As comparações a 2001 começam ai, Kubrick assim como Malick é um humanista. Embora seus filmes sejam todos de uma rigidez que beira (às vezes ultrapassa) o sadismo, Kubrick tinha fé no estado bruto do homem e o representava com vigor e força. Em 2001, sua intensa necessidade de respostas encontrou seu ápice, ao mostrar a historia da humanidade sem ter a menor intenção de premiar-nos com alguma mágica resposta tirada de um livro esotérico ou de auto - ajuda. Kubrick fez de 2001 seu testamento para as estrelas. Malick, faz de Arvore da Vida a sua versão desse mesmo testamento. Ambos parecem apresentar suas visões pessoais sobre a mesma pergunta, e ambos não se sentem dignos de serem os responsáveis por apresentarem respostas para seus magnânimos questionamentos.

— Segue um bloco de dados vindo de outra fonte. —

-- ===== src/Recorder/Recovery.antt =====
-- `recover_recorder_artifacts` and `_recover_orphan` of data/writer.py: temporary files, files that the
-- manifest has in flight, and files that it does not have.
use binance_algo.Base.{
  ℕ, String, Bool, Option, none, some, List, [], ◌∷◌, map, Result, ok, err, ◌&&◌, ◌||◌, ◌+◌, not,
  str_eq, if◌then◌else◌, contains, length,
}
use binance_algo.Transaction.{
  Exec, pure, raise, gets, modify, raise_if, or_raise, try_except, ◌>>=◌, ◌>>◌,
}
use binance_algo.Manifest.{DataFileRecord, downloading, downloaded, quarantined, file_status_eq}
use binance_algo.StateStore.Schema.{StateDb}
use binance_algo.StateStore.Files.{
  register_data_file, transition_data_file, validate_stream_file_with_checkpoint,
}
use binance_algo.StateStore.Listing.{list_data_files, every_file}
use binance_algo.Recorder.Flush.{
  FlushError, FlushAction, Partition, Clock, download, validate, in_store, registered,
}
use binance_algo.Recorder.Inspection.{
  Frame, Inspected, InspectError, Checkpoint, inspect, checkpoint_text, stream_key_of, first_time,
  last_time, name_of,
}

-- The files below the root of the streams, in the order of `sorted`, and those in quarantine.
pub record Disk : Type 0 where
  pub temporaries : List String
  pub parquets : List String
  pub in_quarantine : List String

-- StreamWriterStats: the fields of recovery.
pub record RecoveryStats : Type 0 where
  pub temporary_files_quarantined : ℕ
  pub orphan_files_recovered : ℕ
  pub inflight_files_recovered : ℕ
  pub invalid_files_quarantined : ℕ

pub record Recovery : Type 0 where
  pub db : StateDb
  pub disk : Disk
  pub stats : RecoveryStats

-- What recovery raises: an error of the state store, an ArchiveError of `sha256_file`, a RecorderError
-- or an OSError where a file cannot be moved; and what it catches, the error of an inspection.
pub data RecoveryError : Type 0 where
  manifest_error : FlushError → RecoveryError
  hash_error temporary_not_moved not_moved : String → RecoveryError
  inspect_error : InspectError → RecoveryError

abbrev pub Action : Type 0 → Type 0
Action = Exec Recovery RecoveryError

abbrev pub from_manifest :
    {A : Type 0} → Recovery → Result FlushError A × StateDb → Result RecoveryError A × Recovery
from_manifest s (ok a, db) = (ok a, record s { db = db })
from_manifest s (err e, db) = (err (manifest_error e), record s { db = db })

-- An action on the manifest.
abbrev pub in_manifest : {A : Type 0} → FlushAction A → Action A
in_manifest m s = from_manifest s (m s.db)

abbrev pub inspected : Result InspectError Inspected → Action Inspected
inspected (ok i) = pure i
inspected (err e) = raise (inspect_error e)

-- What recovery uses of the file system, and the values that it computes: `parquet.parts`, the reader
-- of Parquet, `sha256_file` (`none` where it raises), whether `os.replace` moves a file, the id and the
-- clock readings of a file, the texts of errors and of checkpoints.
pub record Files : Type 0 where
  pub parts : String → List String
  pub read : String → Option Frame
  pub sha256_file : String → Option String
  pub moves : String → Bool
  pub file_id : String → String
  pub now : String → ℕ
  pub clock : String → Clock
  pub message : InspectError → String
  pub dumps : Checkpoint → String

abbrev pub count_temporary : RecoveryStats → RecoveryStats
count_temporary s = record s { temporary_files_quarantined = s.temporary_files_quarantined + 1 }

abbrev pub count_orphan : RecoveryStats → RecoveryStats
count_orphan s = record s { orphan_files_recovered = s.orphan_files_recovered + 1 }

abbrev pub count_inflight : RecoveryStats → RecoveryStats
count_inflight s = record s { inflight_files_recovered = s.inflight_files_recovered + 1 }

abbrev pub count_invalid : RecoveryStats → RecoveryStats
count_invalid s = record s { invalid_files_quarantined = s.invalid_files_quarantined + 1 }

abbrev pub count : (RecoveryStats → RecoveryStats) → Action (Unit {0})
count f = modify (λ s. record s { stats = f s.stats })

abbrev pub without : String → List String → List String
without p [] = []
without p (q ∷ qs) = if str_eq q p then without p qs else q ∷ without p qs

module _ (files : Files) where
  abbrev set_aside : String → Disk → Disk
  set_aside p d = record {
    temporaries = without p d.temporaries;
    parquets = without p d.parquets;
    in_quarantine = p ∷ d.in_quarantine;
  }

  -- `os.replace(path, destination)`
  abbrev pub move_aside : String → RecoveryError → Action (Unit {0})
  move_aside p e = do
    raise_if (not (files.moves p)) e
    modify (λ s. record s { disk = set_aside p s.disk })

  -- The loop over the temporary files.
  unfoldable pub quarantine_temporaries : List String → Action (Unit {0})
  quarantine_temporaries [] = pure tt
  quarantine_temporaries (p ∷ ps) = do
    move_aside p (temporary_not_moved p)
    count count_temporary
    quarantine_temporaries ps

  -- The file that the checks and the state store are given.
  abbrev pub partition_of : String → String → String → Inspected → Partition
  partition_of file_id path checksum i = record {
    file_id = file_id;
    event_type = name_of i.event_type;
    symbol = i.symbol;
    start_time_ms = first_time i.first i.rest;
    end_time_ms = last_time i.first i.rest;
    target = path;
    ingestion_run_id = i.run_id;
    timestamp = files.now path;
    checksum = checksum;
    height = length i.rest + 1;
    stream_key = stream_key_of i;
    checkpoint_json = checkpoint_text files.dumps i file_id;
  }

  abbrev pub checksum_of : String → Action String
  checksum_of path = or_raise (files.sha256_file path) (hash_error path)

  -- What follows the inspection of a file in flight.
  abbrev pub settle_file : DataFileRecord → Result InspectError Inspected → Action (Unit {0})
  settle_file r (err e) = do
    in_manifest (
        in_store (
          transition_data_file r.file_id quarantined none none (some (files.message e))
            (files.clock r.file_id).failed_at))
    count count_invalid
  settle_file r (ok i) = do
    checksum ← checksum_of r.path
    let p = partition_of r.file_id r.path checksum i
    current ← in_manifest (download p (files.clock r.file_id) r)
    in_manifest (validate p (files.clock r.file_id) current)
    count count_inflight

  -- `record.source != … or record.status not in {DOWNLOADING, DOWNLOADED}`, and its negation.
  unfoldable pub in_flight : DataFileRecord → Bool
  in_flight r =
      str_eq r.source "binance_market_stream"
      && (file_status_eq r.status downloading || file_status_eq r.status downloaded)

  abbrev pub inspect_record : DataFileRecord → Result InspectError Inspected
  inspect_record r =
      inspect files.parts files.read r.path (some r.logical_dataset) (some r.symbol)
        (some r.ingestion_run_id)

  -- One turn of the loop over the records.
  unfoldable pub recover_file : DataFileRecord → Action (Unit {0})
  unfolding in_flight inspect download validate
  recover_file r s =
      if in_flight r && contains r.path s.disk.parquets
      then settle_file r (inspect_record r) s
      else (ok tt, s)

  unfoldable pub recover_inflight : List DataFileRecord → Action (Unit {0})
  unfolding recover_file
  recover_inflight [] = pure tt
  recover_inflight (r ∷ rs) = do recover_file r; recover_inflight rs

  abbrev pub orphan_of : String → String → Inspected → Partition
  orphan_of path checksum i = partition_of (files.file_id path) path checksum i

  -- The calls of the state store for an orphan: its record, its transition, its validation.
  abbrev pub register_orphan : String → Inspected → Action DataFileRecord
  register_orphan path i =
      in_manifest (in_store (register_data_file (registered (orphan_of path "" i))))

  abbrev pub download_orphan : Partition → Clock → Action DataFileRecord
  download_orphan p clock = in_manifest (
      in_store (
        transition_data_file p.file_id downloaded (some p.checksum) (some p.height) none
          clock.downloaded_at))

  abbrev pub validate_orphan : Partition → Clock → Action DataFileRecord
  validate_orphan p clock = in_manifest (
      in_store (
        validate_stream_file_with_checkpoint p.file_id p.checksum p.height p.stream_key
          p.checkpoint_json clock.validated_at clock.checkpoint_at))

  abbrev pub promote_orphan : Partition → Clock → Action (Unit {0})
  promote_orphan p clock = do download_orphan p clock; validate_orphan p clock; pure tt

  abbrev pub store_orphan : String → Inspected → Action (Unit {0})
  store_orphan path i = do
    register_orphan path i
    checksum ← checksum_of path
    promote_orphan (orphan_of path checksum i) (files.clock (files.file_id path))

  -- `_recover_orphan`
  unfoldable pub recover_orphan : String → Action (Unit {0})
  unfolding inspect
  recover_orphan path = do
    i ← inspected (inspect files.parts files.read path none none none)
    store_orphan path i

  -- `except (DataContractError, RecorderError)`: an orphan that fails its inspection.
  abbrev pub set_orphan_aside : String → RecoveryError → Action (Unit {0})
  set_orphan_aside path (inspect_error e) = do move_aside path (not_moved path); count count_invalid
  set_orphan_aside path e = raise e

  abbrev pub adopt : String → Action (Unit {0})
  adopt path = recover_orphan path >>= λ _. count count_orphan

  -- The loop over the Parquet files.
  unfoldable pub recover_orphans : List String → List String → Action (Unit {0})
  unfolding recover_orphan
  recover_orphans manifested [] = pure tt
  recover_orphans manifested (p ∷ ps) =
      let rest = recover_orphans manifested ps in
      if contains p manifested
      then rest
      else (try_except (adopt p) (set_orphan_aside p) >>= λ _. rest)

  abbrev pub with_records : List DataFileRecord → Action (Unit {0})
  with_records records = do
    recover_inflight records
    parquets ← gets (λ s. s.disk.parquets)
    recover_orphans (map (λ (r : DataFileRecord). r.path) records) parquets

  -- `recover_recorder_artifacts`, where the root of the streams exists.
  unfoldable pub recover_recorder_artifacts : Action (Unit {0})
  unfolding quarantine_temporaries recover_inflight recover_orphans list_data_files
  recover_recorder_artifacts = do
    temporaries ← gets (λ s. s.disk.temporaries)
    quarantine_temporaries temporaries
    records ← gets (λ s. list_data_files every_file s.db)
    with_records records
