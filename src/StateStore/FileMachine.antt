-- ===== src/StateStore/FileMachine.antt =====
-- What the file methods of data/state_store.py do to the statuses of the files.
use binance_algo.Base.{
  ◌↔◌, ℕ, String, true, false, Option, none, some, List, ◌≡◌, ◌⊎◌, inl, inr, refl, arith, str_eq,
  eq_iff, eq_refl, if◌then◌else◌, ok, err,
}
use binance_algo.Table.{select, update}
use binance_algo.Table.Laws.{select-update_key}
use binance_algo.Manifest.{DataFileRecord, DataFileStatus, file_status_eq, allowed_file_transition}
use binance_algo.StateStore.Schema.{StateDb, invalid_file_transition, unknown_data_file}
use binance_algo.StateStore.Files.{
  file_move_refused, has_file_id, find_file, transitioned, data_file_from_row, transition_data_file,
}
use mathlib.Core.Option

abbrev pub given_or : {A : Type 0} → Option A → Option A → Option A
given_or none old = old
given_or (some x) old = some x

-- The record that a transition is to leave, field by field: what is not given stays.
abbrev pub moved_file :
    DataFileStatus → Option String → Option ℕ → Option String → ℕ → DataFileRecord → DataFileRecord
moved_file s c n e now r = record {
  file_id = r.file_id;
  logical_dataset = r.logical_dataset;
  layer = r.layer;
  source = r.source;
  symbol = r.symbol;
  interval = r.interval;
  start_time_ms = r.start_time_ms;
  end_time_ms = r.end_time_ms;
  row_count = given_or n r.row_count;
  schema_version = r.schema_version;
  checksum = given_or c r.checksum;
  path = r.path;
  status = s;
  created_at_ms = r.created_at_ms;
  updated_at_ms = now;
  ingestion_run_id = r.ingestion_run_id;
  parent_file_ids_json = r.parent_file_ids_json;
  last_error = e;
}

-- The same status, or a move of the table of transitions.
abbrev pub FileMove : DataFileStatus → DataFileStatus → Type 0
FileMove s t = (t ≡ s) ⊎ (allowed_file_transition s t ≡ true)

pub status_eq_iff : (s t : DataFileStatus) → file_status_eq s t ≡ true → s ≡ t
status_eq_iff s t e = ground arith

file_id_of : DataFileRecord → String
file_id_of r = r.file_id

pub find_file-update :
    (k j : String) (s : DataFileStatus) (c : Option String) (n : Option ℕ) (e : Option String)
    (now : ℕ) (rs : List DataFileRecord)
    → select (has_file_id j) (update (has_file_id k) (transitioned s c n e now) rs) ≡ (
        if str_eq k j
        then Option.map (transitioned s c n e now) (select (has_file_id j) rs)
        else select (has_file_id j) rs)
find_file-update k j s c n e now rs =
    select-update_key (λ (r : DataFileRecord). r.file_id) k j (transitioned s c n e now) rs
      (λ r. refl)

pub FileMove-iff : (s t : DataFileStatus) → (file_move_refused s t ≡ false) ↔ FileMove s t
unfolding file_move_refused
FileMove-iff s t = (λ h. ground arith, moves)
  where
    moves : FileMove s t → file_move_refused s t ≡ false
    moves (inl same) = ground arith
    moves (inr allowed) = ground arith

module _ (k : String) (s : DataFileStatus) (c : Option String) (n : Option ℕ) (e : Option String)
    (now : ℕ) (db : StateDb) where
  -- The state after a permitted transition.
  abbrev pub after_transition : StateDb
  after_transition = record db {
    data_files = update (has_file_id k) (transitioned s c n e now) db.data_files;
  }

  pub permitted_transition :
      {r : DataFileRecord}
      → find_file k db ≡ some r
      → FileMove r.status s
      → transition_data_file k s c n e now db
        ≡ (ok (data_file_from_row (transitioned s c n e now r)), after_transition)
  unfolding transition_data_file
  permitted_transition {r} found move = ground (
    arith,
    eq_refl k,
    (FileMove-iff r.status s).1 move,
    find_file-update k k s c n e now db.data_files,
  )

  -- A transition of a known file to the status that it has, or to one that the table of transitions
  -- allows, returns the record with the new status, the error and the time given, and the checksum
  -- and the row count given or, where none is given, those that it had; afterwards that record is
  -- read back under its id, every other file reads as before, and jobs, checkpoints, quality results and schemas are
  -- as they were.
  pub transition_data_file-permitted :
      {r : DataFileRecord}
      → find_file k db ≡ some r
      → FileMove r.status s
      → let (result, after) = transition_data_file k s c n e now db in
        (result ≡ ok (data_file_from_row (moved_file s c n e now r)))
        × ((j : String)
            → find_file j after
              ≡ (if str_eq k j then some (moved_file s c n e now r) else find_file j db))
        × (after.backfill_jobs ≡ db.backfill_jobs)
        × (after.stream_checkpoints ≡ db.stream_checkpoints)
        × (after.quality_results ≡ db.quality_results)
        × (after.schema_versions ≡ db.schema_versions)
  transition_data_file-permitted {r} found move = rw (permitted_transition found move) (
    refl,
    λ j. ground (arith, eq_iff k j, find_file-update k j s c n e now db.data_files),
    refl,
    refl,
    refl,
    refl,
  )

  -- Any other transition of a known file raises `InvalidStateTransition` with both statuses, and
  -- one of an unknown file raises `StateStoreError`; the database stays as it was.
  pub transition_data_file-refused :
      ((r : DataFileRecord)
        → find_file k db ≡ some r
        → ¬ FileMove r.status s
        → transition_data_file k s c n e now db ≡ (err (invalid_file_transition k r.status s), db))
      × (find_file k db ≡ none
          → transition_data_file k s c n e now db ≡ (err (unknown_data_file k), db))
  unfolding transition_data_file
  transition_data_file-refused = (
    λ r found bad.
        ground (
          arith,
          λ (h : file_move_refused r.status s ≡ false). bad ((FileMove-iff r.status s).0 h),
        ),
    λ missing. ground arith,
  )
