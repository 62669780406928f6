-- ===== src/StateStore/Integrity.antt =====
-- Atomicity, keys, registration, checkpoints, schemas and job states of data/state_store.py.
use binance_algo.Base.{
  ℕ, String, true, none, some, List, [], ◌∷◌, ◌≡◌, inl, inr, refl, arith, str_eq, eq_refl, is_some,
  Option-cases, Bool-cases,
}
use binance_algo.Table.{select}
use binance_algo.Table.Laws.{
  select-insert_or_ignore, IsKeyed, update-IsKeyed, insert_or_ignore-IsKeyed, append-IsKeyed,
  no_conflict,
}
use binance_algo.Transaction.{IsAtomic}
use binance_algo.Manifest.{DataFileRecord, validated, BackfillJobRecord}
use binance_algo.StateStore.Schema.{StateDb, CheckpointRow, QualityRow}
use binance_algo.StateStore.Files.{
  has_file_id, register_data_file, same_file, transitioned, has_stream_key, upserted,
  transition_data_file, validate_stream_file_with_checkpoint, upsert_stream_checkpoint,
}
use binance_algo.StateStore.Jobs.{
  create_backfill_job, transition_backfill_job, register_schema_version, register_quality_result,
  find_job, job_transitioned, has_result_id, quality_row, quality_row,
}
use binance_algo.StateStore.Ops.{
  StoreCall, register_file, transition_file, upsert_checkpoint, validate_file, create_job,
  transition_job, register_quality, call, run,
}

abbrev pub file_key : DataFileRecord → String
file_key r = r.file_id

abbrev pub job_key : BackfillJobRecord → String
job_key r = r.job_id

abbrev pub stream_key_of : CheckpointRow → String
stream_key_of r = r.stream_key

abbrev pub result_key : QualityRow → String
result_key r = r.result_id

pub same_file_covers :
    (r s : DataFileRecord) → str_eq s.file_id r.file_id ≡ true → same_file r s ≡ true
same_file_covers r s e = ground arith

-- A registration that raises, for a collision or for a file that "disappeared", has written
-- nothing, although its checks stand after the commit.
pub register_data_file-IsAtomic :
    (r : DataFileRecord) (db : StateDb) → IsAtomic db (register_data_file r db)
unfolding register_data_file
register_data_file-IsAtomic r db = ground (
  arith,
  eq_refl r.file_id,
  eq_refl r.path,
  eq_refl r.logical_dataset,
  eq_refl r.symbol,
  eq_refl r.interval,
  no_conflict file_key (same_file r) r.file_id db.data_files (same_file_covers r),
  select-insert_or_ignore (has_file_id r.file_id) same_file r db.data_files,
)

-- No two rows of a table have one primary key.
pub record IsConsistent (db : StateDb) : Type 0 where
  pub files : IsKeyed file_key db.data_files
  pub jobs : IsKeyed job_key db.backfill_jobs
  pub checkpoints : IsKeyed stream_key_of db.stream_checkpoints
  pub results : IsKeyed result_key db.quality_results

upserted-IsKeyed :
    (k json : String) (now : ℕ) (rows : List CheckpointRow)
    → IsKeyed stream_key_of rows
    → IsKeyed stream_key_of (upserted k json now rows)
upserted-IsKeyed k json now rows h = elim (Bool-cases (is_some (select (has_stream_key k) rows))) [
  | inl old ↦ rw old (update-IsKeyed stream_key_of k _ rows (λ r. refl) h)
  | inr new ↦ rw new (insert_or_ignore-IsKeyed stream_key_of _ _ rows (λ s e. e) h)
]

module _ (sha256 : List String → String) where
  call-files-IsKeyed :
      (c : StoreCall) (db : StateDb)
      → IsConsistent db
      → IsKeyed file_key (call sha256 c db).data_files
  unfolding call register_data_file transition_data_file validate_stream_file_with_checkpoint
      upsert_stream_checkpoint create_backfill_job transition_backfill_job register_schema_version
      register_quality_result
  call-files-IsKeyed (register_file r) db h =
      ground
        (arith, insert_or_ignore-IsKeyed file_key same_file r db.data_files (same_file_covers r))
  call-files-IsKeyed (transition_file k s c n e now) db h =
      ground (arith, update-IsKeyed file_key k (transitioned s c n e now) db.data_files (λ r. refl))
  call-files-IsKeyed (validate_file k c n sk json now later) db h = ground (
    arith,
    update-IsKeyed file_key k (transitioned validated (some c) (some n) none now) db.data_files
        (λ r. refl),
  )
  call-files-IsKeyed _ db h = ground arith

  call-jobs-IsKeyed :
      (c : StoreCall) (db : StateDb)
      → IsConsistent db
      → IsKeyed job_key (call sha256 c db).backfill_jobs
  unfolding call register_data_file transition_data_file validate_stream_file_with_checkpoint
      upsert_stream_checkpoint create_backfill_job transition_backfill_job register_schema_version
      register_quality_result
  call-jobs-IsKeyed (create_job r) db h = elim (Option-cases (find_job r.job_id db)) [
    | inl free ↦ ground (arith, append-IsKeyed job_key r db.backfill_jobs free h.jobs)
    | inr (old, taken) ↦ ground arith
  ]
  call-jobs-IsKeyed (transition_job k s c f e now) db h =
      ground (
        arith,
        update-IsKeyed job_key k (job_transitioned s c f e now) db.backfill_jobs (λ r. refl),
      )
  call-jobs-IsKeyed _ db h = ground arith

  call-checkpoints-IsKeyed :
      (c : StoreCall) (db : StateDb)
      → IsConsistent db
      → IsKeyed stream_key_of (call sha256 c db).stream_checkpoints
  unfolding call register_data_file transition_data_file validate_stream_file_with_checkpoint
      upsert_stream_checkpoint create_backfill_job transition_backfill_job register_schema_version
      register_quality_result
  call-checkpoints-IsKeyed (upsert_checkpoint k json now) db h =
      upserted-IsKeyed k json now db.stream_checkpoints h.checkpoints
  call-checkpoints-IsKeyed (validate_file k c n sk json now later) db h =
      ground (arith, upserted-IsKeyed sk json later db.stream_checkpoints)
  call-checkpoints-IsKeyed _ db h = ground arith

  call-results-IsKeyed :
      (c : StoreCall) (db : StateDb)
      → IsConsistent db
      → IsKeyed result_key (call sha256 c db).quality_results
  unfolding call register_data_file transition_data_file validate_stream_file_with_checkpoint
      upsert_stream_checkpoint create_backfill_job transition_backfill_job register_schema_version
      register_quality_result
  call-results-IsKeyed (register_quality f c p d now) db h = ground (
    arith,
    insert_or_ignore-IsKeyed result_key (λ r. has_result_id r.result_id)
        (quality_row (sha256 (f ∷ c ∷ d ∷ [])) f c p d now) db.quality_results (λ s e. e),
  )
  call-results-IsKeyed _ db h = ground arith

  -- Whatever is called, no table of files, jobs, checkpoints or quality results comes to hold two
  -- rows of one primary key, so that a lookup by key has one answer.
  pub run-IsConsistent :
      (calls : List StoreCall) (db : StateDb) → IsConsistent db → IsConsistent (run sha256 calls db)
  unfolding run
  run-IsConsistent [] db h = h
  run-IsConsistent (c ∷ cs) db h = run-IsConsistent cs (call sha256 c db) (record {
    files = call-files-IsKeyed c db h;
    jobs = call-jobs-IsKeyed c db h;
    checkpoints = call-checkpoints-IsKeyed c db h;
    results = call-results-IsKeyed c db h;
  })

Malick é humilde ao admitir que não sabe as respostas para suas perguntas e ao fazer isso tem a exata noção de sua infinita pequenez diante da incomensurável pujança do universo. O magnífico interlúdio em que somos apresentados ao universo é a mais perfeita representação da sabedoria de uma deidade que já surgiu em tela. Os seguidos momentos de união entre átomos e elétrons, com o surgimento de nebulosas, o fogo que brota da cáustica terra virgem, os mares que rompem as pedras, a chuva que torrencialmente limpa e hidrata planícies destruídas, tudo representando o ato da criação. Malick faz uma das mais profundas declarações sobre fé que vi em muitos e muitos anos numa tela de cinema. Isso tudo sem apelar para os misticismos, os símbolos óbvios (embora o filme comece com a citação do livro de Jó, que é uma inspiração clara para as muitas voice overs do filme e para o evento caótico que transforma a vida dessa família, e a aparição de símbolos cristãos que surgem para ilustrar uma crítica a religião organizada) e o discurso religioso. Malick não fala de religião, fala de algo muito mais intenso, verdadeiro e real: fé. 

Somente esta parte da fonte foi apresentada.